The VU1, OTOH, was a totally different beast. It took over responsibility for the T&L stage in rendering. It had 16kb of memory and could consume a chained DMA stream of microprograms to run and the associated memory (basically a series of display lists). Once you wrote your display-list chain to a buffer and began DMA, it required no babysitting at all. Without a doubt, You can see where the design decisions behind the Cell are coming from. The PS2 was basically just a prototype Cell to see what worked.
And here are the results. They ditched the VU0, multiplied the number of VU1s by 8, and gave each one 16x the memory, jacked up memory bandwidth. The EE (PPC) is now officially the arbiter of threads... Except now the SPEs are capable of generating execution chains-- i.e. one produces, another consumes, so the PPC doesn't need to have all the brains.
Another interesting thing is that while certain large portions of the render loop need to be executed serially (Game Logic, Animation, Collision/Dynamics, then Render), many operations within those category can be parallelized. For instance, devs have resorted to huge hacks to make AIs look like they're running in threads when they're really not.

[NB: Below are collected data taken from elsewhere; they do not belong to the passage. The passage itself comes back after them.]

-- ===== src/BackupRun/Consistency.antt =====
-- internal/backuprun/consistency.go: the warnings on databases that were copied as files.
pub mod Warned
use back_orbit.Base.{
  ℕ, Bool, true, false, not, ◌&&◌, ◌||◌, Option, none, some, List, [], ◌∷◌, ◌++◌, Bytes, codes,
  ◌==◌, if◌then◌else◌, ltb, nat_beq, map,
}
use back_orbit.Base.Assoc.{Assoc, lookup, insert}
use back_orbit.Base.Times.{text_lt}
use back_orbit.Base.Text.{bytes_eq}
use back_orbit.BackupRun.{Answers, Finding, Warning, copied_as_files, for_warnings}
use back_orbit.BackupRun.Dumps.{key_of, is_database}

-- `serverDatabases`
unfoldable pub server_database : Bytes → Option Bytes
server_database t =
    if t == codes "postgresql"
    then some (codes "PostgreSQL")
    else if t == codes "mysql"
    then some (codes "MySQL")
    else if t == codes "mariadb"
    then some (codes "MariaDB")
    else if t == codes "mongodb"
    then some (codes "MongoDB")
    else if t == codes "redis"
    then some (codes "Redis")
    else if t == codes "valkey"
    then some (codes "Valkey")
    else none

unfoldable pub append_unique : List Bytes → Bytes → List Bytes
append_unique [] v = v ∷ []
append_unique (x ∷ xs) v = let rest = append_unique xs v in if x == v then x ∷ xs else x ∷ rest

-- sort.Strings
unfoldable pub insert_sorted : Bytes → List Bytes → List Bytes
insert_sorted v [] = v ∷ []
insert_sorted v (x ∷ xs) =
    let rest = insert_sorted v xs in if text_lt x v then x ∷ rest else v ∷ x ∷ xs

unfoldable pub sort_texts : List Bytes → List Bytes
sort_texts [] = []
sort_texts (x ∷ xs) = insert_sorted x (sort_texts xs)

abbrev pub names_in : Option (List Bytes) → List Bytes
names_in none = []
names_in (some names) = names

abbrev pub names_of : Assoc Bytes (List Bytes) → Bytes → List Bytes
names_of m label = names_in (lookup label m)

-- The test of `services[label]`, and the entry it makes.
unfoldable pub note_service : Bytes → Bytes → Assoc Bytes (List Bytes) → Assoc Bytes (List Bytes)
note_service label service m =
    if service == []
    then elim (lookup label m) [ none ↦ insert label [] m | some names ↦ m ]
    else insert label (append_unique (names_of m label) service) m

-- One turn of the loop over the findings.
unfoldable pub note_finding :
    (Bytes → Bool) → Finding → Assoc Bytes (List Bytes) → Assoc Bytes (List Bytes)
note_finding dumped f m =
    if is_database f
    then elim (server_database f.technology) [
      | none ↦ m
      | some label ↦ if dumped (key_of f) then m else note_service label f.service m
    ]
    else m

unfoldable pub note_findings :
    (Bytes → Bool) → List Finding → Assoc Bytes (List Bytes) → Assoc Bytes (List Bytes)
note_findings dumped [] m = m
note_findings dumped (f ∷ fs) m = note_findings dumped fs (note_finding dumped f m)

abbrev pub labels : Assoc Bytes (List Bytes) → List Bytes
labels [] = []
labels ((l, _) ∷ m) = l ∷ labels m

abbrev pub copied_warning : Assoc Bytes (List Bytes) → Bytes → Warning
copied_warning m label = copied_as_files label (sort_texts (names_of m label))

unfoldable pub database_consistency_warnings : Answers → Bytes → (Bytes → Bool) → List Warning
database_consistency_warnings a project_id dumped =
    if not a.has_blueprints || project_id == [] then [] else elim (a.blueprint for_warnings) [
      | none ↦ []
      | some findings ↦
          let services = note_findings dumped findings [] in
          map (copied_warning services) (sort_texts (labels services))
    ]
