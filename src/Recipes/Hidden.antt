-- ===== src/Recipes/Hidden.antt =====
-- A private recipe does not exist for anybody but its author (internal/server/recipes.go and the
-- batches that follow a recipe, internal/server/batches.go).
use zymobrew.Base.{
  ℕ, ◌≡◌, ◌≢◌, refl, inl, inr, true, false, ◌&&◌, not, List, [], ◌∷◌, Option, none, some, Bytes,
  arith, any, find, select, HasKey, find-some, key_row, Bool-cases, ◌==◌,
}
use zymobrew.Schema.{Recipe, private}
use zymobrew.Store.{Db, refused, World, Outage, get_recipe_query, delete_recipe_query}
use zymobrew.Page.Cursor.{Encodings}
use zymobrew.Batches.Handlers.{is_recipe, pin_recipe, pin_found}
use zymobrew.Recipes.{UpdateRecipeRequest, ForkRecipeRequest, recipe_visible_to}
use zymobrew.Recipes.Rows.{is_own_recipe}
use zymobrew.Recipes.Write.{update_found, fork_found, handle_update_recipe, handle_fork_recipe}
use zymobrew.Recipes.Read.{
  with_recipe, revision_of, revision_param, handle_get_recipe, handle_list_revisions,
  handle_get_revision, handle_list_comments,
}
use zymobrew.Recipes.Social.{
  on_recipe, handle_create_comment, handle_like_recipe, handle_delete_recipe,
}
use zymobrew.Recipes.History.{recipe_key_id}

-- The database in which no recipe has this id.
abbrev pub without_id : ℕ → Db → Db
without_id id db = record db { recipes = select (λ r. not (is_recipe id r)) db.recipes }

-- Nobody, or a user who is not the author.
abbrev pub IsStranger : Recipe → Option ℕ → Type 0
IsStranger r none = Unit
IsStranger r (some user) = r.author_id ≢ user

find_gone :
    (id : ℕ) (rs : List Recipe) → find (is_recipe id) (select (λ r. not (is_recipe id r)) rs) ≡ none
find_gone id [] = refl
find_gone id (r ∷ rs) = elim (Bool-cases (r.id == id)) [
  | inl e ↦ rw e (find_gone id rs)
  | inr e ↦ rw e (rw e (find_gone id rs))
]

-- A stranger does not see it.
unseen :
    (r : Recipe) (viewer : Option ℕ)
    → r.visibility ≡ private
    → IsStranger r viewer
    → recipe_visible_to r viewer ≡ false
unfolding recipe_visible_to
unseen r none p h = rw p refl
unseen r (some user) p h = rw p (ground arith)

module _ (w : World) (down : Outage) (db : Db) (id : ℕ) (r : Recipe)
    (found : find (is_recipe id) db.recipes ≡ some r) (hidden : r.visibility ≡ private) where
  -- A reader who is a stranger to a private recipe gets the answers that it would get if no recipe
  -- had this id: from the recipe, its revisions, each of them and its comments.
  pub hidden_reads :
      (viewer : Option ℕ) (rev limit_text cursor_text : Bytes) (e : Encodings)
      → IsStranger r viewer
      → (handle_get_recipe w down viewer (some id) db
          ≡ handle_get_recipe w down viewer (some id) (without_id id db))
        × (handle_list_revisions w down viewer (some id) db
            ≡ handle_list_revisions w down viewer (some id) (without_id id db))
        × (handle_get_revision w down viewer (some id) rev db
            ≡ handle_get_revision w down viewer (some id) rev (without_id id db))
        × (handle_list_comments e down viewer (some id) limit_text cursor_text db
            ≡ handle_list_comments e down viewer
                (some id)
                limit_text
                cursor_text
                (without_id id db))
  unfolding handle_get_recipe handle_list_revisions handle_get_revision handle_list_comments
      with_recipe
  hidden_reads viewer rev limit_text cursor_text e stranger =
      let u : recipe_visible_to r viewer ≡ false = unseen r viewer hidden stranger in
      let g : find (is_recipe id) (without_id id db).recipes ≡ none = find_gone id db.recipes in
      (
        rw (found, u, g) refl,
        rw (found, u, g) refl,
        number (revision_param (w.parse_int32 rev)) u g,
        rw (found, u, g) refl,
      )
    where
      number :
          (n : Option ℕ)
          → recipe_visible_to r viewer ≡ false
          → find (is_recipe id) (without_id id db).recipes ≡ none
          → revision_of w down viewer id n db ≡ revision_of w down viewer id n (without_id id db)
      number none u g = unfold revision_of in refl
      number (some n) u g = unfold revision_of in rw (found, u, g) refl

  not_own :
      (user : ℕ)
      → HasKey recipe_key_id db.recipes
      → r.author_id ≢ user
      → any (is_own_recipe id user) db.recipes ≡ false
  not_own user k stranger = elim (Bool-cases (any (is_own_recipe id user) db.recipes)) [
    | inr e ↦ e
    | inl e ↦
        let (hit, there) = find-some (is_recipe id) db.recipes found in
        let mine : is_own_recipe id user r ≡ true =
          key_row recipe_key_id (is_own_recipe id user) db.recipes r k there
            (owned db.recipes e (ground (arith, hit))) in
        absurd (stranger (ground (arith, mine)))
  ]
    where
      owned :
          (rs : List Recipe)
          → any (is_own_recipe id user) rs ≡ true
          → r.id ≡ id
          → any (λ y. is_own_recipe id user y && y.id == r.id) rs ≡ true
      owned (y ∷ rs) h e = ground (arith, owned rs)
      owned [] h e = cc

  none_own :
      (user : ℕ) (rs : List Recipe)
      → any (is_own_recipe id user) (select (λ y. not (is_recipe id y)) rs) ≡ false
  none_own user [] = refl
  none_own user (y ∷ rs) = elim (Bool-cases (y.id == id)) [
    | inl e ↦ rw e (none_own user rs)
    | inr e ↦ rw e (rw e (none_own user rs))
  ]

  -- A user who is no author of a private recipe gets the answers that it would get if no recipe had
  -- this id, and changes nothing: from changing, forking, deleting, liking or commenting it; and it
  -- cannot start a batch from it. Recipe ids are unique.
  pub hidden_writes :
      (user : ℕ) (patch : Option UpdateRecipeRequest) (fork : ForkRecipeRequest)
      (comment : Option Bytes)
      → HasKey recipe_key_id db.recipes
      → r.author_id ≢ user
      → (handle_update_recipe w down user (some id) patch db
          ≡ (db, (handle_update_recipe w down user (some id) patch (without_id id db)).1))
        × (handle_fork_recipe w down user (some id) fork db
            ≡ (db, (handle_fork_recipe w down user (some id) fork (without_id id db)).1))
        × (handle_delete_recipe w down user (some id) db
            ≡ (db, (handle_delete_recipe w down user (some id) (without_id id db)).1))
        × (handle_create_comment w down user (some id) comment db
            ≡ (db, (handle_create_comment w down user (some id) comment (without_id id db)).1))
        × (handle_like_recipe w down user (some id) db
            ≡ (db, (handle_like_recipe w down user (some id) (without_id id db)).1))
        × (pin_recipe w down user (some (some id)) db.recipes
            ≡ pin_recipe w down user (some (some id)) (without_id id db).recipes)
  unfolding handle_update_recipe handle_fork_recipe handle_delete_recipe handle_create_comment
      handle_like_recipe pin_recipe pin_found on_recipe update_found fork_found
  hidden_writes user patch fork comment k stranger =
      let u : recipe_visible_to r (some user) ≡ false = unseen r (some user) hidden stranger in
      let g : find (is_recipe id) (without_id id db).recipes ≡ none = find_gone id db.recipes in
      let other : (r.author_id == user) ≡ false = ground (arith, stranger) in
      let own : any (is_own_recipe id user) db.recipes ≡ false = not_own user k stranger in
      let gone : any (is_own_recipe id user) (without_id id db).recipes ≡ false =
        none_own user db.recipes in
      elim (Bool-cases (down get_recipe_query)) [
        | inl d ↦ (rw d refl, rw d refl, deleted own gone, rw d refl, rw d refl, rw d refl)
        | inr d ↦ (
          rw (d, found, g) (patched patch other),
          rw (d, found, g) (rw (hidden, other) refl),
          deleted own gone,
          rw (d, found, u, g) refl,
          rw (d, found, u, g) refl,
          rw (d, found, g) (rw (hidden, other) refl),
        )
      ]
    where
      patched :
          (body : Option UpdateRecipeRequest)
          → (r.author_id == user) ≡ false
          → update_found w down id user body (some r) db ≡ (db, refused 404 "not found")
      patched none other = rw (update_found, other) refl
      patched (some req) other = rw (update_found, other) refl

      deleted :
          any (is_own_recipe id user) db.recipes ≡ false
          → any (is_own_recipe id user) (without_id id db).recipes ≡ false
          → handle_delete_recipe w down user (some id) db
            ≡ (db, (handle_delete_recipe w down user (some id) (without_id id db)).1)
      deleted own gone = elim (Bool-cases (down delete_recipe_query)) [
        | inl d ↦ rw d refl
        | inr d ↦ rw (d, own, gone) refl
      ]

It's simply been the case that games were definitely only running on one processor, and context switches are expensive. It's actually much more convenient to have multiple cores and turn these hacks into actual LWPs. The real question is how is Sonyibm going to handle concurrency? Are they going to write a special pthreads for the PPC threadmaster? Are they going to use chainable microprograms, where the PPC is just a glorified VIF? That is the big question eating at me right now.
But if you look at the latest games-- Jak3, GT4... they're hitting pretty much near the theoretical limit of the PS2, no matter how unlikely that seemed just 5 years ago. The first half of the Cell learning curve has already been traversed by those brave PS2 freaks, it's up to the rest of us to learn from where they've been.